■ **WHAT TO PRODUCE**: In the data below, one line contains "Kept-save_bytes : (left" and a later one contains "(answers : Answers) (bytes". Print both, with every line between them, exactly and alone.
▽
-- ===== src/Net/Events/Sealed.antt =====
-- Which files the operations of a connection write.
pub mod Apart
use mathlib.Core.Path.{subst}
use hyperion_server.Common.{
  ℕ, zero, suc, ◌+◌, ◌≡◌, ◌≢◌, ◌⊎◌, refl, sym, ap, ◌∙◌, true, false, Option, none, some, List, [],
  length, Bool-cases, Option-cases, inl, inr, arith,
}
use hyperion_server.Common.Text.{Text, is_empty, same_text, same_text_iff}
use hyperion_server.Common.Exec.{modify, ◌>>=◌, ◌>>◌}
use hyperion_server.Common.Exec.Kept.{
  Kept, Kept-pure, Kept-assert, Kept-may_throw, Kept-modify, Kept-if, Kept-bind, Kept-gets,
  Kept-read, Kept-lift, Kept-try, Kept-guarded,
}
use hyperion_server.Media.Prop.{MediaConfig, get_type}
use hyperion_server.Media.Save.{Answers, Files, contents, put_file, make_save_file}
use hyperion_server.Net.Props.{ErrorCode}
use hyperion_server.Net.Connection.{
  Connection, ConnectionStatus, Local, Handler, on_conn, on_files, set_path, close_out_file,
  make_out_file_path, file_ext, create_out_file, begin_out_files, append_out_file, open_out_file,
  close_socket, shutdown_and_close, end_connection, inc_ref_count, dec_ref_count, get_streambuf,
  prepare, consume, set_timer_expires_after, async_write, async_read, async_receive, async_wait,
  Timeout, send_greeting, receive_greeting, set_status, write_completed, read_completed,
  receive_completed, wait_completed,
}
use hyperion_server.Net.Connection.Paths.{make_out_file_path-ne}
use hyperion_server.Net.Acceptor.{
  Acceptor, announce, callback_sent_greeting, callback_received_greeting,
  callback_send_greeting_timeout, callback_receive_greeting_timeout,
}
use hyperion_server.Net.Listener.{
  put_byte, put_byte?, save_bytes, save_received, do_async_receive, begin_async_receive,
  receive_callback,
}
use hyperion_server.Net.Events.{
  Event, written, read, received, send_waited, receive_waited, handle, taken, unless_error,
  on_connection_accepted,
}
use hyperion_server.Net.Events.OutFile.{make_out_file_path-some}
use hyperion_server.Net.Listener.Saving.{opened-HasSaved}
use hyperion_server.Net.Events.Handlers.{deliver}

-- A path that a connection may write to: none yet, or one that is made for its identifier.
abbrev pub Mine : ℕ → Text → Text → Type 0
Mine own directory path =
    (is_empty path ≡ true)
    ⊎ ((c : Connection) × (c.id ≡ own)
        × (c.out_file_directory ≡ directory)
        × (make_out_file_path c ≡ some path))

-- A connection, by its identifier, the directory it stores in, and the files before.
pub record Scope : Type 0 where
  pub own : ℕ
  pub directory : Text
  pub before : Files

module _ (o : Scope) where
  abbrev pub Other : Text → Type 0
  Other path = (q : Text) → Mine o.own o.directory q → same_text q path ≡ false

  abbrev pub Untouched : Files → Type 0
  Untouched files = (path : Text) → Other path → contents files path ≡ contents o.before path

  -- The connection keeps to its o.own files.
  abbrev pub Sealed : Local → Type 0
  Sealed l = (l.id ≡ o.own) × Mine o.own o.directory l.out_file_path × Untouched l.files

  put_file-Untouched :
      (path : Text) (bytes : List ℕ) (files : Files)
      → Mine o.own o.directory path
      → Untouched files
      → Untouched (put_file path bytes files)
  unfolding put_file contents
  put_file-Untouched path bytes files m h p other = rw (other path m) (h p other)

  make_save_file-Untouched :
      (answers : Answers) (path : Text)
      → Mine o.own o.directory path
      → Kept Untouched (make_save_file answers path)
  unfolding make_save_file
  make_save_file-Untouched answers path m = Kept-bind (Kept-may_throw _ _) (λ u.
      Kept-bind (Kept-may_throw _ _)
        (λ u. Kept-modify _ (λ files h. put_file-Untouched path [] files m h)))

  pub Kept-on_conn :
      (f : Connection → Connection)
      → ((l : Local) → Sealed l → Sealed (record l { conn = f l.conn }))
      → Kept Sealed (on_conn f)
  unfolding on_conn
  Kept-on_conn f h = record { at = h }

  Kept-close_out_file : Kept Sealed close_out_file
  unfolding close_out_file
  Kept-close_out_file = Kept-on_conn _ (λ l s. s)

  Kept-create_out_file : (answers : Answers) → Kept Sealed (create_out_file answers)
  unfolding create_out_file on_files
  Kept-create_out_file answers = Kept-read _ (λ l s path e.
      Kept-bind
        (record {
          at = λ k t. (
            t.0,
            t.1,
            (make_save_file-Untouched answers path (subst (Mine o.own o.directory) e s.1)).at
                k.files t.2,
          );
        })
        (λ u. Kept-on_conn _ (λ l s. s)))

  begun :
      (answers : Answers) (path : Option Text)
      → ((p : Text) → path ≡ some p → Mine o.own o.directory p)
      → Kept Sealed (set_path path >> (create_out_file answers >> close_out_file))
  unfolding set_path
  begun answers none m =
      Kept-bind (record { at = λ l s. s })
        (λ u. Kept-bind (Kept-create_out_file answers) (λ u. Kept-close_out_file))
  begun answers (some p) m =
      Kept-bind (record { at = λ l s. (s.0, m p refl, s.2) })
        (λ u. Kept-bind (Kept-create_out_file answers) (λ u. Kept-close_out_file))

  Kept-begin_out_files : (answers : Answers) → Kept Sealed (begin_out_files answers o.directory)
  unfolding begin_out_files on_conn ◌>>=◌
  Kept-begin_out_files answers = record {
    at = λ l s.
        let there : Connection = record l.conn { out_file_directory = o.directory } in
        (begun answers (make_out_file_path there) (λ p e. inr (there, s.0, refl, e))).at
          (record l { conn = there }) s;
  }

  append_out_file-Untouched : (l : Local) → Sealed l → Untouched (append_out_file l).files
  append_out_file-Untouched l s p other =
      let opened = opened-HasSaved l in opened.others p (other l.out_file_path s.1) ∙ s.2 p other

  Kept-append_out_file : Kept Sealed (modify append_out_file)
  unfolding append_out_file
  Kept-append_out_file = Kept-modify _ (λ l s. (s.0, s.1, append_out_file-Untouched l s))

  Kept-put_byte? : (byte : Option ℕ) → Kept Sealed (put_byte? byte)
  unfolding put_byte? put_byte
  Kept-put_byte? none = record { at = λ l s. s }
  Kept-put_byte? (some byte) = record {
    at = λ l s. elim (Bool-cases l.out_file_open) [
      | inl e ↦ rw e (s.0, s.1, put_file-Untouched l.out_file_path _ l.files s.1 s.2)
      | inr e ↦ rw e s
    ];
  }

  pub Kept-set_status : (status : ConnectionStatus) → Kept Sealed (set_status status)
  unfolding set_status
  Kept-set_status status =
      Kept-gets _ (λ now. Kept-bind (Kept-assert _) (λ u. Kept-on_conn _ (λ l s. s)))

  Kept-open_out_file : (answers : Answers) → Kept Sealed (open_out_file answers)
  unfolding open_out_file
  Kept-open_out_file answers = Kept-gets _ (λ path. Kept-bind (Kept-assert _) (λ u.
      Kept-gets _ (λ is_open.
        Kept-bind (Kept-assert _)
          (λ u. Kept-if _ Kept-append_out_file (Kept-create_out_file answers)))))

  Kept-close_socket : (answers : Answers) → Kept Sealed (close_socket answers)
  unfolding close_socket
  Kept-close_socket answers = Kept-bind (Kept-on_conn _ (λ l s. s)) (λ u. Kept-may_throw _ _)

  pub Kept-end_connection : (answers : Answers) → Kept Sealed (end_connection answers)
  unfolding end_connection shutdown_and_close
  Kept-end_connection answers =
      Kept-try
        (Kept-bind Kept-close_out_file (λ u. Kept-gets _ (λ ended.
          Kept-bind (Kept-if _ (Kept-pure _) (Kept-may_throw _ _))
            (λ u. Kept-close_socket answers))))
        (λ e. Kept-pure _)

  Kept-inc_ref_count : Kept Sealed inc_ref_count
  unfolding inc_ref_count
  Kept-inc_ref_count = Kept-on_conn _ (λ l s. s)

  pub Kept-dec_ref_count : Kept Sealed dec_ref_count
  unfolding dec_ref_count
  Kept-dec_ref_count = Kept-gets _ (λ n. Kept-bind (Kept-assert _) (λ u. Kept-on_conn _ (λ l s. s)))

  pub Kept-get_streambuf : Kept Sealed get_streambuf
  unfolding get_streambuf
  Kept-get_streambuf = Kept-gets _ (λ n. Kept-assert _)

  Kept-prepare : (answers : Answers) (n : ℕ) → Kept Sealed (prepare answers n)
  unfolding prepare
  Kept-prepare answers n = Kept-gets _ (λ size. Kept-may_throw _ _)

  pub Kept-consume : (n : ℕ) → Kept Sealed (consume n)
  unfolding consume
  Kept-consume n = Kept-bind Kept-get_streambuf (λ u. Kept-on_conn _ (λ l s. s))

  pub Kept-set_timer_expires_after :
      (answers : Answers) (time : ℕ) → Kept Sealed (set_timer_expires_after answers time)
  unfolding set_timer_expires_after
  Kept-set_timer_expires_after answers time =
      Kept-bind (Kept-may_throw _ _) (λ u. Kept-on_conn _ (λ l s. s))

  pub Kept-async_write : (msg : List ℕ) → Kept Sealed (async_write msg)
  unfolding async_write
  Kept-async_write msg = Kept-bind Kept-inc_ref_count (λ u. Kept-on_conn _ (λ l s. s))

  pub Kept-async_read : (answers : Answers) (n : ℕ) → Kept Sealed (async_read answers n)
  unfolding async_read
  Kept-async_read answers n =
      Kept-bind Kept-inc_ref_count
        (λ u. Kept-bind (Kept-prepare answers n) (λ u. Kept-on_conn _ (λ l s. s)))

  Kept-async_receive : (answers : Answers) (n : ℕ) → Kept Sealed (async_receive answers n)
  unfolding async_receive
  Kept-async_receive answers n =
      Kept-bind Kept-inc_ref_count
        (λ u. Kept-bind (Kept-prepare answers n) (λ u. Kept-on_conn _ (λ l s. s)))

  pub Kept-async_wait : (timeout : Timeout) → Kept Sealed (async_wait timeout)
  unfolding async_wait
  Kept-async_wait send_greeting = Kept-bind Kept-inc_ref_count (λ u. Kept-on_conn _ (λ l s. s))
  Kept-async_wait receive_greeting = Kept-bind Kept-inc_ref_count (λ u. Kept-on_conn _ (λ l s. s))

  Kept-save_bytes : (left i : ℕ) (bytes : List ℕ) → Kept Sealed (save_bytes left i bytes)
  unfolding save_bytes
  Kept-save_bytes zero i bytes = Kept-pure _
  Kept-save_bytes (suc left) i bytes =
      Kept-bind (Kept-put_byte? _) (λ u. Kept-save_bytes left (i + 1) bytes)

  pub Kept-save_received :
      (answers : Answers) (bytes : List ℕ) → Kept Sealed (save_received answers bytes)
  unfolding save_received
  Kept-save_received answers bytes =
      Kept-bind (Kept-open_out_file answers)
        (λ u. Kept-guarded Kept-close_out_file (Kept-save_bytes (length bytes) 0 bytes))

  pub Kept-do_async_receive : (answers : Answers) → Kept Sealed (do_async_receive answers)
  unfolding do_async_receive
  Kept-do_async_receive answers =
      Kept-bind Kept-get_streambuf
        (λ u. Kept-gets _ (λ size. Kept-bind (Kept-assert _) (λ u. Kept-async_receive answers _)))

  pub Kept-on_connection_accepted :
      (config : MediaConfig) (answers : Answers)
      → config.media_save_path ≡ o.directory
      → Kept Sealed (on_connection_accepted config answers)
  unfolding on_connection_accepted begin_async_receive
  Kept-on_connection_accepted config answers d =
      Kept-bind
        (subst (λ p. Kept Sealed (begin_out_files answers p)) (sym d)
          (Kept-begin_out_files answers))
        (λ u. Kept-do_async_receive answers)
△
■ **EXERCISE OUTPUT**:
  Kept-save_bytes : (left i : ℕ) (bytes : List ℕ) → Kept Sealed (save_bytes left i bytes)
  unfolding save_bytes
  Kept-save_bytes zero i bytes = Kept-pure _
  Kept-save_bytes (suc left) i bytes =
      Kept-bind (Kept-put_byte? _) (λ u. Kept-save_bytes left (i + 1) bytes)

  pub Kept-save_received :
      (answers : Answers) (bytes : List ℕ) → Kept Sealed (save_received answers bytes)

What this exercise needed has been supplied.